63. The sensor system as described in claim 59, characterized in that, The various operating ranges extend from a partial pressure of 0 mmHg to a partial pressure of 160 mmHg.
64. The sensor system as described in claim 59, characterized in that, The controller is further configured to track changes in the lifetime of light emission from the probe.
65. A method for monitoring a patient's condition, the method comprising: The probe is positioned close to the patient to monitor the analyte, the probe having at least a first operating range of a first luminescent response and a second operating range of a second luminescent response; The photon source is positioned to deliver photons to the probe, thereby exciting the probe; The photodetector is positioned to receive light emitted by the probe in response to the withdrawal of the photon source; The controller, which communicates with the photon source and the photodetector, performs the following operations: A first time-varying distribution comprising at least two first sub-signals is generated, the at least two first sub-signals being configured to excite the probe relative to both of the at least two first sub-signals; The photon source directs photons to the probe according to the first time-varying distribution, and in response to receiving the photons, excites the probe to emit light; Optical data is received from the photodetector based on the interaction between the light emitted from the probe and the photodetector; A second time-varying distribution is determined based on the optical data, and at least two second sub-signals are extracted; as well as The parameter associated with the analyte is determined based on at least one of the following: (i) the phase difference between the first time-varying distribution and the second time-varying distribution when the photons directed to the probe have the same wavelength; and (ii) Differences in frequency, wavelength, waveform, period, or amplitude between the first time-varying distribution and the second time-varying distribution.
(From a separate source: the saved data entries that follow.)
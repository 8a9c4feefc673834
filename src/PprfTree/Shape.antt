-- ===== src/PprfTree/Shape.antt =====
-- The shape of a PPRF key. A node's label is its depth and the bits that lead to it; the source
-- keeps the same in its debug builds (`struct node_label`).
use secure_deletion.Common.{ℕ, ◌+◌, ◌*◌, ◌≤◌, ◌<◌, ◌≡◌, refl, ◌⊎◌, inl, inr, Bool, true, false}
use secure_deletion.PprfTree.{Block, NodeType, pprf_internal, pprf_keyleaf, pprf_puncture, Pprf}
use secure_deletion.PprfTree.Bits.{prefix, bit}

pub record Label : Type 0 where
  pub depth : ℕ
  pub bits : ℕ

abbrev pub child : Label → Bool → Label
child l b = record { depth = l.depth + 1; bits = 2 * l.bits + bit b }

-- The label that a tag's walk reaches after `depth` steps.
abbrev pub along : (tag depth : ℕ) → Label
along tag depth = record { depth = depth; bits = prefix tag depth }

-- What a node of each type needs: an internal node has children in the used part, a punctured
-- node stands at the full depth.
abbrev pub Fits : (pprf_depth size : ℕ) (lab : ℕ → Label) → Label → Block → NodeType → Type 0
Fits pprf_depth size lab l v pprf_internal =
    (l.depth < pprf_depth)
    × (v.il < size)
    × (v.ir < size)
    × (lab v.il ≡ child l false)
    × (lab v.ir ≡ child l true)
Fits pprf_depth size lab l v pprf_keyleaf = l.depth ≤ pprf_depth
Fits pprf_depth size lab l v pprf_puncture = l.depth ≡ pprf_depth

pub record IsLabelled (pprf_depth : ℕ) (p : Pprf) (lab : ℕ → Label) : Type 0 where
  pub nonempty : 0 < p.size
  pub root : lab 0 ≡ record { depth = 0; bits = 0 }
  pub node :
      (i : ℕ) → i < p.size → Fits pprf_depth p.size lab (lab i) (p.nodes i).v (p.nodes i).type

-- A key whose nodes can be labelled: the invariant of the component.
abbrev pub IsTree : (pprf_depth : ℕ) → Pprf → Type 0
IsTree pprf_depth p = (lab : ℕ → Label) × IsLabelled pprf_depth p lab

pub NodeType-cases :
    (t : NodeType) → (t ≡ pprf_internal) ⊎ ((t ≡ pprf_keyleaf) ⊎ (t ≡ pprf_puncture))
NodeType-cases pprf_internal = inl refl
NodeType-cases pprf_keyleaf = inr (inl refl)
NodeType-cases pprf_puncture = inr (inr refl)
66. The method as described in claim 65, characterized in that, The process of receiving the optical data, determining the second time-varying distribution, and generating a report is performed within a single period (1 / f) of the first time-varying distribution.
67. The method as described in claim 65, characterized in that, The at least two first sub-signals have different frequencies.
68. The method as described in claim 67, characterized in that, Determining the second time-varying distribution includes performing a linear regression algorithm that separates the at least two first sub-signals to determine the contribution from each of the at least two first sub-signals, and wherein generating a report includes extracting lifetime and intensity information of a plurality of luminescent dyes of the probe, each of the plurality of luminescent dyes being simultaneously excited at different frequencies of the at least two first sub-signals.